For the model we selected a LSTM recurrent neural network (RNN) which performs exceptionally well on time series data. We won’t go into detail here about how the neural network works and how it is setup up, but you find a great article explaining LSTM networks here. Our implementation of the model was done in TensorFlow which has built in functions for RNNs and the LSTM network. To simplify the problem we selected a small group of around 300 sensors out of the 12’000 sensors in London (the group can be seen in the map view above).

Schema

Schema

We trained the model on a small set of only 8 days of traffic, but the results are already promising. The model can forecast the traffic 40 minutes into the future with good accuracy and it predicts the morning and afternoon rush hours nicely. The image below shows the predicted vs. actual speed for a few different sensors.

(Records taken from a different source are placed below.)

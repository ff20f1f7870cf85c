-- ===== src/FairyWren/Copy.antt =====
-- The migration of blocks in `FairyWrenCache`: whatever the active segment that a region finds, the
-- blocks of a segment in flight move there one by one, until the region finds none.
use ssd_waf.Base.{
  ℕ, zero, suc, ◌+◌, ◌<◌, ◌≡◌, ◌∙◌, sym, ap, subst, refl, inl, inr, Bool, true, false, not, ◌&&◌,
  Option, none, some, ◌==◌, ltb, update, arith, Bool-cases, ok,
}
use ssd_waf.LogSegment.{LogSegment}
use ssd_waf.Histogram.{inc}
use ssd_waf.Device.{Device}
use ssd_waf.FairyWren.Log.{RegionKind, region_index, Log, region}
use ssd_waf.FairyWren.Index.{is_live}
use ssd_waf.FairyWren.Invariant.{Inv}
use ssd_waf.FairyWren.Cache.{Histograms, FairyWren, age, move_block, leads_to}
use ssd_waf.FairyWren.Collect.{
  Ensure, relocate, migrate_block, copy_blocks, count_migrated, copy_valid_blocks,
}
use ssd_waf.FairyWren.Blocks.{current-ok, active-grounded}
use ssd_waf.FairyWren.Relocation.{relocated, relocated-Inv, same_mapping_size, move_block-ok}
use ssd_waf.FairyWren.Safe.{Stored, Passes, Passes-refl, Passes-trans, Passes-fewer, Stored-Passes}

-- A region before the `b`-th without an active segment has none afterwards.
abbrev pub Quiet : ℕ → Log → Log → Type 0
Quiet b l m = (r : ℕ) → r < b → (l.regions r).active ≡ none → (m.regions r).active ≡ none

-- The active segment that was found has room for a block.
abbrev pub HasRoom : Log → RegionKind → Option ℕ → Type 0
HasRoom l kind none = Unit {0}
HasRoom l kind (some seg) =
    ((region l kind).active ≡ some seg) × ((l.segments seg).write_ptr < l.segment_size_blocks)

Comparison between predicted (orange) and actual (blue) relative speeds of a set of sensors throughout a day

Comparison between predicted (orange) and actual (blue) relative speeds of a set of sensors throughout a day

You can see how the neural network captures the different daily behaviour of each sensor individually. However, looking closely at the above graph you will find that some of the details of the time series data are not well reproduced. We also found that there are a few sensors that show a large overall prediction error. In order to increase the accuracy of the LSTM network it could be trained on much more data than just 8 days. Further, including more sensors might help training and of course all the sensors needed for a congestion prediction system for the whole of Greater London. Still, the model we have developed has a lot of potential and might help to do the following after some more tuning:

+ predict future traffic state
+ predict congested areas so they can be avoided or reduced
+ detect incidents quickly

5. Final Thoughts

Apart from producing cool maps and insightful forecast, we hope our efforts have served these two purposes beyond this particular project:

Technically, we demonstrate that Google DataFlow is capable of easy and fast scaling-up, which powered our real-time visualisation of a 5TB dataset. Additionally, Apache Beam SDK is shown to be future proof — the code can be re-used completely, with very few changes, to process data from a real-time live stream instead of batch file input (one of the key benefits of Apache Beam). Also, we show that deep learning model implemented within framework of TensorFlow is able to predict time series event based on trend in a short proceeding period of time — quite accurately considering the scarce amount of training data we have got!

In a broader context, it is our attempt to explore utilising urban-scale sensor data, which is inevitably becoming all the more prevalent. We, as machine learning and big data experts here at Datatonic, are keen on turning these IoT data into valuable, actionable insights for businesses, policy makers, and citizens like us ourselves.